All of lore.kernel.org
 help / color / mirror / Atom feed
From: Toshi Kani <toshi.kani@hp.com>
To: Igor Mammedov <imammedo@redhat.com>
Cc: linux-kernel@vger.kernel.org, tglx@linutronix.de,
	mingo@redhat.com, hpa@zytor.com, x86@kernel.org, bp@suse.de,
	paul.gortmaker@windriver.com, JBeulich@suse.com,
	prarit@redhat.com, drjones@redhat.com, riel@redhat.com,
	gong.chen@linux.intel.com, andi@firstfloor.org, lenb@kernel.org,
	rjw@rjwysocki.net, linux-acpi@vger.kernel.org
Subject: Re: [PATCH v4 5/5] x86: initialize secondary CPU only if master CPU will wait for it
Date: Thu, 01 May 2014 17:11:56 -0600	[thread overview]
Message-ID: <1398985916.1789.75.camel@misato.fc.hp.com> (raw)
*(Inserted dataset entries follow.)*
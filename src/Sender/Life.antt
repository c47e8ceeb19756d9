-- ===== src/Sender/Life.antt =====
-- The thread of src/Sender.cpp beside the calls of its owner, from the constructor to the
-- destructor.
use ff_test.Base.{
  ℕ, zero, suc, ◌+◌, ◌≤◌, ◌≡◌, ◌⊎◌, refl, inl, inr, sym, Bool, true, false, none, some, some_inj,
  arith,
}
use ff_test.Base.Int.{pos, is_negative}
use ff_test.TaskPool.{Created}
use ff_test.Sender.{
  Place, absent, looping, finished, Sender, new_sender, init, start, stop, release, task_sender,
}

-- What can happen to a sender: a call of `init` while it has no thread, which creates one or
-- reports that it could not, a call of `start` or `stop`, a call of `release` that returns, and a
-- step of the thread.
pub data Step (s : Sender) : Sender → Type 0 where
  inits :
      (c : Created)
      → s.has_thread ≡ false
      → (c.ret ≡ pos 0) ⊎ (is_negative c.ret ≡ true)
      → Step s (init c s).1
  starts : Step s (start s)
  stops : Step s (stop s)
  releases : {s' : Sender} → release s ≡ some s' → Step s s'
  runs : {s' : Sender} → task_sender s ≡ some s' → Step s s'

pub data Reach : Sender → Type 0 where
  here : Reach new_sender
  then_step : {s s' : Sender} → Reach s → Step s s' → Reach s'

-- `k` steps of the thread.
pub data Turns (s : Sender) : ℕ → Sender → Type 0 where
  still : Turns s zero s
  turn : {k : ℕ} {s' s'' : Sender} → Turns s k s' → task_sender s' ≡ some s'' → Turns s (suc k) s''

-- There is a thread id exactly while there is a thread that was not joined.
abbrev IsJoinable : Bool → Place → Type 0
IsJoinable has_thread absent = has_thread ≡ false
IsJoinable has_thread looping = has_thread ≡ true
IsJoinable has_thread finished = Unit {0}

init-IsJoinable :
    (c : Created) (stopped : Bool) (place : Place)
    → (c.ret ≡ pos 0) ⊎ (is_negative c.ret ≡ true)
    → IsJoinable false place
    → let s' = (init c (record { has_thread = false; stop_flag = stopped; place = place })).1 in
      IsJoinable s'.has_thread s'.place
unfolding init
init-IsJoinable c stopped place (inl made) j = rw made refl
init-IsJoinable c stopped place (inr failed) j = rw failed j

release-IsJoinable :
    (has stopped : Bool) (place : Place) (s' : Sender)
    → release (record { has_thread = has; stop_flag = stopped; place = place }) ≡ some s'
    → IsJoinable has place
    → IsJoinable s'.has_thread s'.place
unfolding release
release-IsJoinable false stopped place s' e j = rw (← some_inj e) j
release-IsJoinable true stopped absent s' e j = cc
release-IsJoinable true stopped looping s' e j = cc
release-IsJoinable true stopped finished s' e j = rw (← some_inj e) tt

task_sender-IsJoinable :
    (has stopped : Bool) (place : Place) (s' : Sender)
    → task_sender (record { has_thread = has; stop_flag = stopped; place = place }) ≡ some s'
    → IsJoinable has place
    → IsJoinable s'.has_thread s'.place
unfolding task_sender
task_sender-IsJoinable has stopped absent s' e j = cc
task_sender-IsJoinable has true looping s' e j = rw (← some_inj e) tt
task_sender-IsJoinable has false looping s' e j = rw (← some_inj e) j
task_sender-IsJoinable has stopped finished s' e j = cc

Reach-IsJoinable : {s : Sender} → Reach s → IsJoinable s.has_thread s.place
Reach-IsJoinable here = refl
Reach-IsJoinable (then_step {s} r (inits c free made)) =
    rw (sym free) at (init-IsJoinable c s.stop_flag s.place made (rw free at (Reach-IsJoinable r)))
Reach-IsJoinable (then_step r starts) = Reach-IsJoinable r
Reach-IsJoinable (then_step r stops) = Reach-IsJoinable r
Reach-IsJoinable (then_step {s} {s'} r (releases e)) =
    release-IsJoinable s.has_thread s.stop_flag s.place s' e (Reach-IsJoinable r)
Reach-IsJoinable (then_step {s} {s'} r (runs e)) =
    task_sender-IsJoinable s.has_thread s.stop_flag s.place s' e (Reach-IsJoinable r)

-- The steps that are left to a thread that was told to stop.
abbrev rank : Place → ℕ
rank absent = 0
rank looping = 1
rank finished = 0

told_step :
    (s s' : Sender)
    → s.stop_flag ≡ true
    → task_sender s ≡ some s'
    → (suc (rank s'.place) ≡ rank s.place)
      × (s'.stop_flag ≡ true)
      × (s'.has_thread ≡ s.has_thread)
      × (s'.place ≡ finished)
unfolding task_sender
told_step s s' told e = ground (arith, task_sender)

Turns-told :
    {s s' : Sender} {k : ℕ}
    → Turns s k s'
    → s.stop_flag ≡ true
    → IsJoinable s.has_thread s.place
    → (k + rank s'.place ≡ rank s.place) × (s'.stop_flag ≡ true) × IsJoinable s'.has_thread s'.place
Turns-told still told j = (omega arith, told, j)
Turns-told {s' = s''} (turn {s' = s'} ts e) told j =
    let (r, told', j') = Turns-told ts told j in
    let (r', told'', _, _) = told_step s' s'' told' e in
    (
      omega (arith, r, r'),
      told'',
      task_sender-IsJoinable s'.has_thread s'.stop_flag s'.place s'' e j',
    )

-- The join returns, and no thread is left.
abbrev Joins : Sender → Type 0
Joins s = (t : Sender) × (release s ≡ some t) × (t.has_thread ≡ false)

-- The join returns at once, or after the one step that the thread has left.
told_ends :
    (has stopped : Bool) (place : Place)
    → stopped ≡ true
    → IsJoinable has place
    → let s : Sender = record { has_thread = has; stop_flag = stopped; place = place } in
      Joins s ⊎ ((s' : Sender) × (task_sender s ≡ some s') × Joins s')
unfolding release task_sender
told_ends false stopped place told j = inl (_, refl, refl)
told_ends true stopped absent told j = cc
told_ends true stopped finished told j = inl (_, refl, refl)
told_ends true stopped looping told j =
    rw told (
      inr (record { has_thread = true; stop_flag = true; place = finished }, refl, (_, refl, refl)))

-- Whatever a sender's owner has called and its thread has done since the constructor, every `init`
-- with no thread there and answered with success or a negative number: after the `stop` of the
-- destructor the thread takes at most one step, and the join of the destructor returns at once or
-- after that step, and leaves no thread.
pub destroy_ends :
    (s s' : Sender) (k : ℕ)
    → Reach s
    → Turns (stop s) k s'
    → (k ≤ 1) × (Joins s' ⊎ ((s'' : Sender) × (task_sender s' ≡ some s'') × Joins s''))
destroy_ends s s' k r ts =
    let (left, told, j) = Turns-told ts refl (Reach-IsJoinable r) in
    (omega (arith, left, small s.place), told_ends s'.has_thread s'.stop_flag s'.place told j)
  where
    small : (x : Place) → rank x ≤ 1
    small absent = omega arith
    small looping = omega arith
    small finished = omega arith

abbrev running : Sender
running = record { has_thread = true; stop_flag = false; place = looping }

Turns-running : {k : ℕ} {s' : Sender} → Turns running k s' → s' ≡ running
unfolding task_sender
Turns-running still = refl
Turns-running (turn ts e) = let same = Turns-running ts in sym (some_inj (rw same at e))

-- A thread that was created and not told to stop is still in its loop after any number of steps, so
-- that `release` without `stop` does not return.
pub release_running :
    (c : Created) (k : ℕ) (s' : Sender)
    → c.ret ≡ pos 0
    → Turns (start (init c new_sender).1) k s'
    → (s'.place ≡ looping) × (release s' ≡ none)
unfolding init release
release_running c k s' made ts =
    let begun : (init c new_sender).1 ≡ running = rw made refl in
    rw (Turns-running (rw begun at ts)) (refl, refl)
In-Reply-To: <1397488277-14865-6-git-send-email-imammedo@redhat.com>

On Mon, 2014-04-14 at 17:11 +0200, Igor Mammedov wrote:
> Hang is observed on virtual machines during CPU hotplug,
> especially in big guests with many CPUs. (It reproducible
> more often if host is over-committed).
> 
> It happens because master CPU gives up waiting on
> secondary CPU and allows it to run wild. As result
> AP causes locking or crashing system. For example
> as described here: https://lkml.org/lkml/2014/3/6/257
> 
> If master CPU have sent STARTUP IPI successfully,
> and AP signalled to master CPU that it's ready
> to start initialization, make master CPU wait
> indefinitely till AP is onlined.
> To ensure that AP won't ever run wild, make it
> wait at early startup till master CPU confirms its
> intention to wait for AP.

Please also add description that the master CPU times out when an AP
does not start initialization within 10 seconds.
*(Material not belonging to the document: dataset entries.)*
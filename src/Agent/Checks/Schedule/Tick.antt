-- ===== src/Agent/Checks/Schedule/Tick.antt =====
-- agent/conncheck.c: the tick of the timer for the checks.
use libnice4android.Prelude.{
  ℕ, ◌*◌, ◌%◌, ◌^◌, Bool, true, false, not, ◌&&◌, ◌||◌, Option, none, some, List, [], ◌∷◌, ltb, leb,
  ◌==◌, if◌then◌else◌,
}
use libnice4android.Stun.Timer
use libnice4android.Stun.Timer.{Timeval, TimerReturn, remainder}
use libnice4android.Stun.Agent.{forget_transaction}
use libnice4android.Agent.Checks.{
  in_progress, failed, is, Component, Stream, CheckPair, Context, sent_check, NiceAgent,
  Environment,
}
use libnice4android.Agent.Checks.CheckList.{count_pairs, find_next_waiting, is_valid}
use libnice4android.Agent.Checks.Components.{
  find_component, set_component, update_failed_components, update_state_for_ready,
}
use libnice4android.Agent.Checks.Schedule.Send.{time_val_add, initiate}
use libnice4android.Agent.Checks.Schedule.Unfreeze.{unfreeze_next}

-- `priv_timer_expired`
unfoldable pub timer_expired : Timeval → Timeval → Bool
timer_expired timer now =
    if now.sec == timer.sec then leb timer.usec now.usec else leb timer.sec now.sec

-- `candidate_check_pair_fail`: the pair, and the components with the transaction forgotten.
unfoldable pub pair_fail : List Component → CheckPair → List Component × CheckPair
pair_fail components p =
    let failed_pair = record p { state = failed; stun_message = none } in
    elim p.stun_message [
      | none ↦ (components, failed_pair)
      | some id ↦ elim (find_component components p.component_id) [
        | none ↦ (components, failed_pair)
        | some c ↦ (
          set_component components (record c { sent_ids = (forget_transaction c.sent_ids id).1 }),
          failed_pair,
        )
      ]
    ]

-- What the loop of `priv_conn_check_tick_stream` works on: `keep_timer_going`, the agent and the
-- components of the stream.
pub record Ticking : Type 0 where
  pub keep_timer_going : Bool
  pub agent : Context
  pub components : List Component

-- A pair in progress with a message whose time has come.
unfoldable pub refresh_pair : Ticking → CheckPair → List ℕ → Ticking × CheckPair
refresh_pair t p id =
    let refreshed = Timer.refresh p.timer t.agent.monotonic in
    let next = time_val_add t.agent.now (remainder refreshed.1 t.agent.monotonic * 1000 % 2 ^ 32) in
    elim refreshed.0 [
      | TimerReturn.timeout ↦
          let gone = pair_fail t.components (record p { timer = refreshed.1 }) in
          (record t { components = gone.0 }, gone.1)
      | TimerReturn.retransmit ↦ (
        record t {
          keep_timer_going = true;
          agent = record (t.agent) {
            events = sent_check p.sockptr p.remote.addr id ∷ t.agent.events;
          };
        },
        record p { timer = refreshed.1; next_tick = next },
      )
      | TimerReturn.success ↦
          (record t { keep_timer_going = true }, record p { timer = refreshed.1; next_tick = next })
    ]

unfoldable pub tick_pair : Ticking → CheckPair → Ticking × CheckPair
tick_pair t p =
    if is p.state in_progress
    then elim p.stun_message [
      | none ↦ (t, record p { state = failed })
      | some id ↦ if timer_expired p.next_tick t.agent.now then refresh_pair t p id else (t, p)
    ]
    else (t, p)

unfoldable pub tick_pairs : Ticking → List CheckPair → Ticking × List CheckPair
tick_pairs t [] = (t, [])
tick_pairs t (p ∷ more) =
    let first = tick_pair t p in let rest = tick_pairs first.0 more in (rest.0, first.1 ∷ rest.1)

-- The first pair of a component that is SUCCEEDED or DISCOVERED.
unfoldable pub find_valid : List CheckPair → ℕ → Option CheckPair
find_valid [] component_id = none
find_valid (p ∷ more) component_id =
    let rest = find_valid more component_id in
    if p.component_id == component_id && is_valid p then some p else rest

-- The nomination by the controlling agent.
unfoldable pub nominate_pair : Environment → Context → Stream → Option CheckPair → Context × Stream
nominate_pair env agent stream none = (agent, stream)
nominate_pair env agent stream (some p) = initiate env agent stream (record p { nominated = true })

unfoldable pub nominate : Environment → List Component → Context → Stream → Context × Stream
nominate env [] agent stream = (agent, stream)
nominate env (c ∷ more) agent stream =
    let next = nominate_pair env agent stream (find_valid stream.conncheck_list c.id) in
    nominate env more next.0 next.1

-- Whether a component may have no nominated pair, although a pair can be nominated.
unfoldable pub lacks_nomination : Stream → Bool
lacks_nomination stream =
    ltb (count_pairs (λ p. is_valid p && p.nominated) stream.conncheck_list) stream.n_components
    && ltb 0 (count_pairs (λ p. is_valid p && not p.nominated) stream.conncheck_list)

-- The first loop of `priv_conn_check_tick_stream`, with `keep_timer_going` after it.
unfoldable pub process_stream : Context → Stream → Bool × Context × Stream
process_stream agent stream =
    let ticked =
      tick_pairs
        (record { keep_timer_going = false; agent = agent; components = stream.components })
        stream.conncheck_list in
    (
      ticked.0.keep_timer_going || ltb 0 (count_pairs (λ p. is p.state in_progress) ticked.1),
      ticked.0.agent,
      record stream { components = ticked.0.components; conncheck_list = ticked.1 },
    )

unfoldable pub nominate_if : Environment → Bool → Context → Stream → Context × Stream
nominate_if env true agent stream = nominate env stream.components agent stream
nominate_if env false agent stream = (agent, stream)

-- `priv_conn_check_tick_stream`
unfoldable pub tick_stream : Environment → Context → Stream → Bool × Context × Stream
tick_stream env agent stream =
    let ticked = process_stream agent stream in
    let lacks = lacks_nomination ticked.2 in
    let next = nominate_if env (lacks && ticked.1.controlling_mode) ticked.1 ticked.2 in
    (ticked.0 || lacks, next.0, next.1)

unfoldable pub tick_streams : Environment → Context → List Stream → Bool × Context × List Stream
tick_streams env agent [] = (false, agent, [])
tick_streams env agent (stream ∷ more) =
    let first = tick_stream env agent stream in
    let rest = tick_streams env first.1 more in (first.0 || rest.0, rest.1, first.2 ∷ rest.2)

-- The waiting check with the highest priority, of the first stream that has one, if there is any.
unfoldable pub initiate_next : Environment → Context → List Stream → Bool × Context × List Stream
initiate_next env agent [] = (false, agent, [])
initiate_next env agent (stream ∷ more) =
    let rest = initiate_next env agent more in
    elim (find_next_waiting stream.conncheck_list) [
      | some pair ↦ let next = initiate env agent stream pair in (true, next.0, next.1 ∷ more)
      | none ↦ (rest.0, rest.1, stream ∷ rest.2)
    ]

-- The update of the components, when no work is left.
unfoldable pub conclude_components : List Component → Context → Stream → Context × Stream
conclude_components [] agent stream = (agent, stream)
conclude_components (c ∷ more) agent stream =
    let next = update_state_for_ready agent stream c.id in conclude_components more next.0 next.1

unfoldable pub conclude : Context → List Stream → Context × List Stream
conclude agent [] = (agent, [])
conclude agent (stream ∷ more) =
    let updated = update_failed_components agent stream in
    let next = conclude_components updated.1.components updated.0 updated.1 in
    let rest = conclude next.0 more in (rest.0, next.1 ∷ rest.1)

-- The first step of a tick: a check is made, or one is unfrozen for the next tick.
unfoldable pub begin_tick : Environment → NiceAgent → Bool × NiceAgent
begin_tick env agent =
    let next = initiate_next env agent.context agent.streams in
    let unfrozen = unfreeze_next agent.streams in
    if next.0
    then (true, record { context = next.1; streams = next.2 })
    else (unfrozen.0, record agent { streams = unfrozen.1 })

-- The end of a tick, where the timer is stopped if no work is left.
unfoldable pub end_tick : Bool → Context → List Stream → Bool × NiceAgent
end_tick true agent streams = (true, record { context = agent; streams = streams })
end_tick false agent streams =
    let done = conclude agent streams in
    (false, record { context = record (done.0) { conncheck_timer = false }; streams = done.1 })

-- `priv_conn_check_tick_unlocked`
unfoldable pub conn_check_tick : Environment → NiceAgent → Bool × NiceAgent
conn_check_tick env agent =
    let begun = begin_tick env agent in
    let ticked = tick_streams env begun.1.context begun.1.streams in
    end_tick (begun.0 || ticked.0) ticked.1 ticked.2

-- `conn_check_schedule_next`; the timers run afterwards.
unfoldable pub conn_check_schedule_next : Environment → NiceAgent → Bool × NiceAgent
conn_check_schedule_next env agent =
    let unfrozen = unfreeze_next agent.streams in
    let ticked = conn_check_tick env (record agent { streams = unfrozen.1 }) in
    let context = ticked.1.context in
    (
      ticked.0,
      record (ticked.1) {
        context = record context {
          conncheck_timer = context.conncheck_timer || ticked.0;
          keepalive_timer = true;
        };
      },
    )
> Signed-off-by: Igor Mammedov <imammedo@redhat.com>
> ---
> v2:
>  - ammend comment in cpu_init()
> v3:
>  - leave timeouts in do_boot_cpu(), so that master CPU
>    won't hang if AP doesn't respond, use cpu_initialized_mask
>    as a way for AP to signal to master CPU that it's ready
>    to start initialzation.
> v4:
>  - move common code in cpu_init() for x32/x64 in shared
>    helper function wait_for_master_cpu()
>  - add WARN_ON(cpumask_test_and_set_cpu(cpu, cpu_initialized_mask))
>    to wait_formaster_cpu()
> ---
>  arch/x86/kernel/cpu/common.c |   27 +++++++-----
>  arch/x86/kernel/smpboot.c    |   98 +++++++++++++-----------------------------
>  2 files changed, 46 insertions(+), 79 deletions(-)
> 
> diff --git a/arch/x86/kernel/cpu/common.c b/arch/x86/kernel/cpu/common.c
> index a135239..a4bcbac 100644
> --- a/arch/x86/kernel/cpu/common.c
> +++ b/arch/x86/kernel/cpu/common.c
> @@ -1221,6 +1221,17 @@ static void dbg_restore_debug_regs(void)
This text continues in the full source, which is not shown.